2014-05-30 22:54:44 +02:00 · 2014-05-30 22:54:44 +02:00 · 169b75b72f
commit 169b75b72f
parent 9cfdcd30f8
2 changed files with 34 additions and 21 deletions
--- a/modules/twitter/browser.py
+++ b/modules/twitter/browser.py
@ -20,7 +20,7 @@
 from weboob.tools.browser2 import LoginBrowser, URL, need_login
 from weboob.tools.browser import BrowserIncorrectPassword
 from weboob.capabilities.messages import Message
-from .pages import LoginPage, LoginErrorPage, ThreadPage, TwitterBasePage, Tweet, TrendsPage
+from .pages import LoginPage, LoginErrorPage, ThreadPage, TwitterBasePage, Tweet, TrendsPage, TimelinePage


 __all__ = ['TwitterBrowser']
@ -36,6 +36,7 @@ class TwitterBrowser(LoginBrowser):
    hashtag = URL(u'hashtag/(?P<path>.+)', TwitterBasePage)
    search = URL(u'search\?q="(?P<path>.+)"', TwitterBasePage)
    profil = URL(u'(?P<path>.+)/with_replies', TwitterBasePage)
+    timeline = URL(u'i/timeline', TimelinePage)
    login = URL(u'', LoginPage)

    def do_login(self):
@ -53,7 +54,7 @@ class TwitterBrowser(LoginBrowser):

    @need_login
    def iter_threads(self):
-        return self.login.stay_or_go().iter_threads()
+        return self.timeline.go().iter_threads()

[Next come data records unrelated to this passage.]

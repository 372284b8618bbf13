-- ===== src/WebSocket/Simulation.antt =====
-- Two sets of callbacks of the frame parser, src/websocket/ws_parser.cpp, of which one sees no more of
-- the other's state than a view of it: the loop keeps them in step.
use eventhub.Prelude.{
  ℕ, zero, suc, ◌+◌, ◌-◌, ◌%◌, ◌/◌, ◌==◌, ◌≡◌, refl, ap, ◌∙◌, Bool, true, false, [], ◌∷◌, Option,
  none, some, Bytes, if◌then◌else◌, take, drop, length, ltb, arith,
}
use eventhub.WebSocket.FrameParser.{
  WsParser, ParserState, s_opcode, s_length, s_length_16_0, s_length_16_1, s_length_64_0,
  s_length_64_1, s_length_64_2, s_length_64_3, s_length_64_4, s_length_64_5, s_length_64_6,
  s_length_64_7, s_mask_0, s_mask_1, s_mask_2, s_mask_3, s_payload, Status, Callbacks, Round, next,
  stop, unmask, on_opcode, on_length, on_length_16_1, on_length_64, on_mask, on_payload, on_chunk,
  end_of_payload, on_state, execute_from, ws_parser_execute, after_callback, to_payload,
}

-- Every callback does to the view what the other does, and returns the same number.
pub record Simulates {D E : Type 0} (cb : Callbacks D) (cb' : Callbacks E) (view : D → E)
    : Type 0 where
  pub data_begin :
      (d : D) (t : ℕ)
      → cb'.on_data_begin (view d) t ≡ (view (cb.on_data_begin d t).0, (cb.on_data_begin d t).1)
  pub data_payload :
      (d : D) (xs : Bytes)
      → cb'.on_data_payload (view d) xs
        ≡ (view (cb.on_data_payload d xs).0, (cb.on_data_payload d xs).1)
  pub data_end :
      (d : D) → cb'.on_data_end (view d) ≡ (view (cb.on_data_end d).0, (cb.on_data_end d).1)
  pub control_begin :
      (d : D) (t : ℕ)
      → cb'.on_control_begin (view d) t
        ≡ (view (cb.on_control_begin d t).0, (cb.on_control_begin d t).1)
  pub control_payload :
      (d : D) (xs : Bytes)
      → cb'.on_control_payload (view d) xs
        ≡ (view (cb.on_control_payload d xs).0, (cb.on_control_payload d xs).1)
  pub control_end :
      (d : D)
      → cb'.on_control_end (view d) ≡ (view (cb.on_control_end d).0, (cb.on_control_end d).1)

module _ {D E : Type 0} (cb : Callbacks D) (cb' : Callbacks E) (view : D → E)
    (sim : Simulates cb cb' view) where
  abbrev view_round : Round D → Round E
  view_round (next p d left) = next p (view d) left
  view_round (stop s p d) = stop s p (view d)

  abbrev pub view_result : Status × WsParser × D → Status × WsParser × E
  view_result r = (r.0, r.1, view r.2)

  abbrev pub view_option : Option (Status × WsParser × D) → Option (Status × WsParser × E)
  view_option none = none
  view_option (some r) = some (view_result r)

  on_opcode-view :
      (p : WsParser) (d : D) (c : ℕ) (rest : Bytes)
      → on_opcode cb' p (view d) c rest ≡ view_round (on_opcode cb p d c rest)
  unfolding on_opcode
  on_opcode-view p d c rest =
      ground (arith, sim.data_begin d (c % 16), sim.control_begin d (c % 16))

  end_of_payload-view :
      (p : WsParser) (d : D) (rest : Bytes)
      → end_of_payload cb' p (view d) rest ≡ view_round (end_of_payload cb p d rest)
  unfolding end_of_payload
  end_of_payload-view p d rest = ground (arith, sim.data_end d, sim.control_end d)

  to_payload-view :
      (p : WsParser) (d : D) (rest : Bytes)
      → to_payload cb' p (view d) rest ≡ view_round (to_payload cb p d rest)
  to_payload-view p d rest = ground (arith, end_of_payload-view p d rest)

  on_length-view :
      (p : WsParser) (d : D) (c : ℕ) (rest : Bytes)
      → on_length cb' p (view d) c rest ≡ view_round (on_length cb p d c rest)
  unfolding on_length
  on_length-view p d c rest = ground (
    arith,
    end_of_payload-view
        (record p {
          mask_flag = (c / 128) % 2 == 1;
          mask_pos = 0;
          bytes_remaining = c % 128;
          state = if (c / 128) % 2 == 1 then s_mask_0 else s_payload;
        })
        d rest,
  )

  on_length_16_1-view :
      (p : WsParser) (d : D) (c : ℕ) (rest : Bytes)
      → on_length_16_1 cb' p (view d) c rest ≡ view_round (on_length_16_1 cb p d c rest)
  unfolding on_length_16_1
  on_length_16_1-view p d c rest = ground arith

  on_length_64-view :
      (s : ParserState) (p : WsParser) (d : D) (c : ℕ) (rest : Bytes)
      → on_length_64 cb' s p (view d) c rest ≡ view_round (on_length_64 cb s p d c rest)
  unfolding on_length_64
  on_length_64-view s_length_64_0 p d c rest = refl
  on_length_64-view _ p d c rest = ground arith

  on_mask-view :
      (s : ParserState) (p : WsParser) (d : D) (c : ℕ) (rest : Bytes)
      → on_mask cb' s p (view d) c rest ≡ view_round (on_mask cb s p d c rest)
  unfolding on_mask
  on_mask-view s_mask_0 p d c rest = refl
  on_mask-view s_mask_1 p d c rest = refl
  on_mask-view s_mask_2 p d c rest = refl
  on_mask-view _ p d c rest = to_payload-view (record p { mask_3 = c; state = s_payload }) d rest

  after_callback-view :
      (r : D × ℕ) (q p : WsParser) (rest : Bytes)
      → after_callback cb' (view r.0, r.1) q (λ d. to_payload cb' p d rest)
        ≡ view_round (after_callback cb r q (λ d. to_payload cb p d rest))
  after_callback-view r q p rest = ground (arith, to_payload-view p r.0 rest)

  payload-view :
      (control : Bool) (d : D) (text : Bytes)
      → (if control
          then cb'.on_control_payload (view d) text
          else cb'.on_data_payload (view d) text)
        ≡ (
          view (if control then cb.on_control_payload d text else cb.on_data_payload d text).0,
          (if control then cb.on_control_payload d text else cb.on_data_payload d text).1,
        )
  payload-view true d text = sim.control_payload d text
  payload-view false d text = sim.data_payload d text

  on_chunk-view :
      (p : WsParser) (d : D) (chunk rest : Bytes)
      → on_chunk cb' p (view d) chunk rest ≡ view_round (on_chunk cb p d chunk rest)
  unfolding on_chunk
  on_chunk-view p d chunk rest =
      let text = if p.mask_flag then unmask p p.mask_pos chunk else chunk in
      let pos = if p.mask_flag then (p.mask_pos + length chunk) % 4 else p.mask_pos in
      let q = record p { mask_pos = pos } in
      let p' = record p { mask_pos = pos; bytes_remaining = p.bytes_remaining - length chunk } in
      ap (λ r. after_callback cb' r q (λ d'. to_payload cb' p' d' rest))
        (payload-view p.control d text)
      ∙ after_callback-view
          (if p.control then cb.on_control_payload d text else cb.on_data_payload d text) q p' rest

  on_payload-view :
      (p : WsParser) (d : D) (buff : Bytes)
      → on_payload cb' p (view d) buff ≡ view_round (on_payload cb p d buff)
  unfolding on_payload
  on_payload-view p d buff =
      let n = if ltb p.bytes_remaining (length buff) then p.bytes_remaining else length buff in
      on_chunk-view p d (take n buff) (drop n buff)

  on_state-view :
      (s : ParserState) (p : WsParser) (d : D) (c : ℕ) (rest : Bytes)
      → on_state cb' s p (view d) c rest ≡ view_round (on_state cb s p d c rest)
  unfolding on_state
  on_state-view s_opcode p d c rest = on_opcode-view p d c rest
  on_state-view s_length p d c rest = on_length-view p d c rest
  on_state-view s_length_16_0 p d c rest = refl
  on_state-view s_length_16_1 p d c rest = on_length_16_1-view p d c rest
  on_state-view s_length_64_0 p d c rest = on_length_64-view s_length_64_0 p d c rest
  on_state-view s_length_64_1 p d c rest = on_length_64-view s_length_64_1 p d c rest
  on_state-view s_length_64_2 p d c rest = on_length_64-view s_length_64_2 p d c rest
  on_state-view s_length_64_3 p d c rest = on_length_64-view s_length_64_3 p d c rest
  on_state-view s_length_64_4 p d c rest = on_length_64-view s_length_64_4 p d c rest
  on_state-view s_length_64_5 p d c rest = on_length_64-view s_length_64_5 p d c rest
  on_state-view s_length_64_6 p d c rest = on_length_64-view s_length_64_6 p d c rest
  on_state-view s_length_64_7 p d c rest = on_length_64-view s_length_64_7 p d c rest
  on_state-view s_mask_0 p d c rest = on_mask-view s_mask_0 p d c rest
  on_state-view s_mask_1 p d c rest = on_mask-view s_mask_1 p d c rest
  on_state-view s_mask_2 p d c rest = on_mask-view s_mask_2 p d c rest
  on_state-view s_mask_3 p d c rest = on_mask-view s_mask_3 p d c rest
  on_state-view s_payload p d c rest = on_payload-view p d (c ∷ rest)

  execute_from-view :
      (fuel : ℕ) (p : WsParser) (d : D) (buff : Bytes)
      → execute_from cb' fuel p (view d) buff ≡ view_option (execute_from cb fuel p d buff)
  unfolding execute_from
  execute_from-view zero p d buff = refl
  execute_from-view (suc fuel) p d [] = refl
  execute_from-view (suc fuel) p d (c ∷ rest) =
      ap
        (λ r. elim r as (λ _. Option (Status × WsParser × E)) [
          | next p' d' left ↦ execute_from cb' fuel p' d' left
          | stop s p' d' ↦ some (s, p', d')
        ])
        (on_state-view p.state p d c rest)
      ∙ go (execute_from-view fuel) (on_state cb p.state p d c rest)
    where
      go :
          ((p : WsParser) (d : D) (buff : Bytes)
            → execute_from cb' fuel p (view d) buff ≡ view_option (execute_from cb fuel p d buff))
          → (r : Round D)
          → elim (view_round r) as (λ _. Option (Status × WsParser × E)) [
            | next p' d' left ↦ execute_from cb' fuel p' d' left
            | stop s p' d' ↦ some (s, p', d')
          ]
            ≡ view_option (elim r as (λ _. Option (Status × WsParser × D)) [
              | next p' d' left ↦ execute_from cb fuel p' d' left
              | stop s p' d' ↦ some (s, p', d')
            ])
      go ih (next p' d' left) = ih p' d' left
      go ih (stop s p' d') = refl

  -- The loop with the one, seen through the view, is the loop with the other.
  pub ws_parser_execute-view :
      (p : WsParser) (d : D) (buff : Bytes)
      → ws_parser_execute cb' p (view d) buff ≡ view_option (ws_parser_execute cb p d buff)
  unfolding ws_parser_execute
  ws_parser_execute-view p d buff = execute_from-view _ p d buff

    def get_trendy_subjects(self):
        if self.username:
--- a/modules/twitter/pages.py
+++ b/modules/twitter/pages.py
@ -22,11 +22,11 @@ from weboob.tools.date import DATE_TRANSLATE_FR
 from io import StringIO
 import lxml.html as html

-from weboob.tools.browser2.page import HTMLPage, JsonPage, method, ListElement, ItemElement, FormNotFound
+from weboob.tools.browser2.page import HTMLPage, JsonPage, method, ListElement, ItemElement, FormNotFound, pagination
 from weboob.tools.browser2.filters import CleanText, Format, Link, Regexp, Env, DateTime, Attr, Filter
 from weboob.capabilities.messages import Thread, Message
 from weboob.capabilities.base import CapBaseObject
-__all__ = ['LoginPage', 'LoginErrorPage', 'ThreadPage', 'TwitterBasePage', 'Tweet', 'TrendsPage']
+__all__ = ['LoginPage', 'LoginErrorPage', 'ThreadPage', 'TwitterBasePage', 'Tweet', 'TrendsPage', 'TimelinePage']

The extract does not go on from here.